I had exactly this thought. So much of what scientists publish could influence an industry product, device or service. Can we be sued for doing this work? Can our papers be pulled? Very odd indeed…
Scientists, science writers, journals and journalists are at real risk of legal action under current UK libel laws, which is why there is currently a move here to reform the libel laws, and a ‘Keep libel laws out of science’ campaign has been launched to protect open scientific discussion – see the link below for all the background and examples .
http://www.senseaboutscience.org/pages/keep-libel-laws-out-of-science.html
Ah yes – Peter Wilmhurst was one of the other cases I was thinking of. So glad the company isn’t getting away with it…
@Neuroskeptic I think it’s better for the publisher to leave it up with a big label. This retraction and it’s attendant commentary is now part of the history of scholarly communication. For it to be expunged from the online journal (like the 2001 article about Palestinian genetics in Human Immunology) would make it impossible for this episode to be properly documented.

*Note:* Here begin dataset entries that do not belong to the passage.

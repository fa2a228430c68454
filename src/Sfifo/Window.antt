-- ===== src/Sfifo/Window.antt =====
-- A stretch of bytes of a ring, and how copying into the ring changes it.
use eel.Prelude.{
  ℕ, zero, suc, ◌+◌, ◌-◌, ◌*◌, ◌≤◌, ◌<◌, ◌≡◌, refl, sym, ap, List, [], ◌∷◌, ◌++◌, arith, ltb,
  if◌then◌else◌, length, get_or, take, drop, length-take, length-drop, length-append, Bool-cases,
  inl, inr, ◌∙◌,
}
use eel.Sfifo.{copy_to, copy_from}

-- Going round at `size`, for positions below twice that.
abbrev pub around : ℕ → ℕ → ℕ
around size h = if ltb h size then h else h - size

-- The `n` bytes from position `h` on.
abbrev pub window : List ℕ → ℕ → ℕ → ℕ → List ℕ
window bytes size h zero = []
window bytes size h (suc n) = get_or bytes (around size h) 0 ∷ window bytes size (h + 1) n

module _ (bytes : List ℕ) (size : ℕ) where
  pub length-window : (h n : ℕ) → length (window bytes size h n) ≡ n
  length-window h zero = refl
  length-window h (suc n) = ap suc (length-window (h + 1) n)

  pub window-append :
      (h m n : ℕ)
      → window bytes size h (m + n) ≡ window bytes size h m ++ window bytes size (h + m) n
  window-append h zero n =
      let e : 0 + n ≡ n = omega arith in let k : h + 0 ≡ h = omega arith in rw (e, k) refl
  window-append h (suc m) n =
      let e : suc m + n ≡ suc (m + n) = omega arith in
      let k : h + 1 + m ≡ h + suc m = omega arith in
      rw e (
        ap (λ (r : List ℕ). get_or bytes (around size h) 0 ∷ r)
          (rw (window-append (h + 1) m n, k) refl))

  -- Past the end the ring begins anew.
  pub window-around :
      (h n : ℕ)
      → size ≤ h
      → h + n ≤ 2 * size
      → window bytes size h n ≡ window bytes size (h - size) n
  window-around h zero le fits = refl
  window-around h (suc n) le fits =
      let e : h + 1 - size ≡ h - size + 1 = omega arith in
      ground (arith, window-around (h + 1) n (omega arith) (omega arith), e)

  -- A stretch up to the end, and on from the beginning.
  pub window-past :
      (i n m : ℕ)
      → i + n ≡ size
      → m ≤ size
      → window bytes size i (n + m) ≡ window bytes size i n ++ window bytes size 0 m
  window-past i n m e le =
      let begin : size - size ≡ 0 = omega arith in
      window-append i n m ∙ rw (e, window-around size m (omega arith) (omega arith), begin) refl

  -- A position past the end, brought back as the code does.
  pub window-back :
      (i n m : ℕ)
      → i ≤ size
      → n + m < size
      → window bytes size (i + n) m
        ≡ window bytes size (if ltb size (i + n) then n - (size - i) else i + n) m
  window-back i n m le small = elim (Bool-cases (ltb size (i + n))) [
    | inl past ↦
        let over : size < i + n = ground arith in
        let e : i + n - size ≡ n - (size - i) = omega arith in
        rw past (window-around (i + n) m (omega arith) (omega arith) ∙ rw e refl)
    | inr fits ↦ rw fits refl
  ]

take-drop-suc :
    (xs : List ℕ) (i n : ℕ)
    → i < length xs
    → take (suc n) (drop i xs) ≡ get_or xs i 0 ∷ take n (drop (suc i) xs)
take-drop-suc [] i n h = absurd (omega arith)
take-drop-suc (x ∷ xs) zero n h = refl
take-drop-suc (x ∷ xs) (suc i) n h = take-drop-suc xs i n (omega arith)

-- Copying from the storage reads a stretch of the ring, if it does not go past the end.
pub copy_from-window :
    (bytes : List ℕ) (size i n : ℕ)
    → length bytes ≡ size
    → i + n ≤ size
    → copy_from bytes i n ≡ window bytes size i n
copy_from-window bytes size i zero e h = refl
copy_from-window bytes size i (suc n) e h =
    let s : suc i ≡ i + 1 = omega arith in
    ground (
      arith,
      take-drop-suc bytes i n (omega arith),
      copy_from-window bytes size (i + 1) n e (omega arith),
      s,
    )

pub get_or-append :
    (xs ys : List ℕ) (j : ℕ)
    → get_or (xs ++ ys) j 0
      ≡ (if ltb j (length xs) then get_or xs j 0 else get_or ys (j - length xs) 0)
get_or-append [] ys j = let e : j - 0 ≡ j = omega arith in ground (arith, e)
get_or-append (x ∷ xs) ys zero = ground arith
get_or-append (x ∷ xs) ys (suc j) = ground (arith, get_or-append xs ys j)

pub get_or-take : (n : ℕ) (xs : List ℕ) (j : ℕ) → j < n → get_or (take n xs) j 0 ≡ get_or xs j 0
get_or-take zero xs j h = absurd (omega arith)
get_or-take (suc n) [] j h = refl
get_or-take (suc n) (x ∷ xs) zero h = refl
get_or-take (suc n) (x ∷ xs) (suc j) h = get_or-take n xs j (omega arith)

pub get_or-drop : (n : ℕ) (xs : List ℕ) (j : ℕ) → get_or (drop n xs) j 0 ≡ get_or xs (n + j) 0
get_or-drop zero xs j = let e : 0 + j ≡ j = omega arith in rw e
get_or-drop (suc n) [] j = refl
get_or-drop (suc n) (x ∷ xs) j =
    let e : suc n + j ≡ suc (n + j) = omega arith in rw e (get_or-drop n xs j)

-- Reading storage after a copy into it.
pub get_or-copy_to :
    (bytes src : List ℕ) (at j : ℕ)
    → at + length src ≤ length bytes
    → get_or (copy_to bytes at src) j 0 ≡ (
        if ltb j at
        then get_or bytes j 0
        else (if ltb j (at + length src) then get_or src (j - at) 0 else get_or bytes j 0))
get_or-copy_to bytes src at j h = ground (
  arith,
  get_or-append (take at bytes) (src ++ drop (at + length src) bytes) j,
  get_or-append src (drop (at + length src) bytes) (j - at),
  get_or-take at bytes j,
  get_or-drop (at + length src) bytes (j - at - length src),
  length-take at bytes,
)

pub length-copy_to :
    (bytes src : List ℕ) (at : ℕ)
    → at + length src ≤ length bytes
    → length (copy_to bytes at src) ≡ length bytes
length-copy_to bytes src at h = omega (
  arith,
  length-append (take at bytes) (src ++ drop (at + length src) bytes),
  length-append src (drop (at + length src) bytes),
  length-take at bytes,
  length-drop (at + length src) bytes,
)

-- Two rings with the same bytes along a stretch.
pub window-same :
    (bytes bytes' : List ℕ) (size h n : ℕ)
    → ((j : ℕ)
        → h ≤ j
        → j < h + n
        → get_or bytes' (around size j) 0 ≡ get_or bytes (around size j) 0)
    → window bytes' size h n ≡ window bytes size h n
window-same bytes bytes' size h zero same = refl
window-same bytes bytes' size h (suc n) same = ground (
  arith,
  same h (omega arith) (omega arith),
  window-same bytes bytes' size (h + 1) n (λ j p q. same j (omega arith) (omega arith)),
)

-- A ring that holds the bytes of `src` along a stretch.
pub window-take :
    (bytes src : List ℕ) (size h n : ℕ)
    → n ≤ length src
    → ((k : ℕ) → k < n → get_or bytes (around size (h + k)) 0 ≡ get_or src k 0)
    → window bytes size h n ≡ take n src
window-take bytes src size h zero le same = refl
window-take bytes [] size h (suc n) le same = absurd (omega arith)
window-take bytes (x ∷ src) size h (suc n) le same =
    let first = same 0 (omega arith) in
    let e : h + 0 ≡ h = omega arith in
    rw
      (
        window-take bytes src size (h + 1) n (omega arith) (λ k p.
            let s = same (suc k) (omega arith) in
            let m : h + suc k ≡ h + 1 + k = omega arith in rw m at s),
        sym (rw e at first),
      )
      refl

Today, you can read about how the 2001 scandal happened, but you can’t get your hands on the original article unless you go hunt for it in the paper journal in a library that didn’t comply with the publisher’s request to physically cut the pages out. (http://www.bmj.com/content/326/7401/1262.full.pdf) Which I think is completely wrong.
Oh I agree completely, was just pointing out that the journal seems to be defying the lawyer’s request to “cease publication” since it is still up.
Yes – AC has hit the important point.
The handling of the conflict and the retraction seems to have been bad all around. Cole should have disclosed (and the fact that he seems to have allowed the funder to decide unilaterally whether they would be disclosed or not is even more shocking); the journal seems to have handled the matter inconsistently and disingenuously.
But it’s the issue of the legal threat that is scandalous and dangerous. Does it not seem amazing and infuriating that a lawyer would brazenly assert the fact that scientific research might harm his client’s profit potential as legal grounds for suppressing the research? Nothing in the excerpt quoted from the lawyer’s demand letter even suggests that the published results were flawed; he simply insists that scientists be legally muzzled so his client will not have to face the consequences of the truth. This is outrageous, and far more offensive and dangerous than questions about the content of one paper.
Did the journal make any effort to resist this form of threat? It appears they may have seized on otherwise-manageable flaws in the paper as an excuse to give in to legal bullying. I hope this incident is publicized and condemned.
I am also concerned about legal threats as a tactic for industry to suppress inconvenient research results, however, we should keep in mind that we have only the single paragraph in this post, with at least this phrase: “Publication of this flawed paper….” It could be that the flaws were outlined in other parts of the letter.
Not my area of expertise but, although you can “sue anyone for anything”, it is my understanding that the truth is an affirmative defense to a claim of libel or slander, at least in the US. That doesn’t save you the expense of hiring a lawyer to assert that you’re tellling the truth. I would imagine that if you honestly conducted research that clearly showed a particular company’s product or its behavior was unhealthy, it would be hard for that company to sue you for damages–a judge would dismiss the suit out of hand (after, of course, you hired a lawyer to respond to the filing)… Are there any lawyers on line who can clarify this?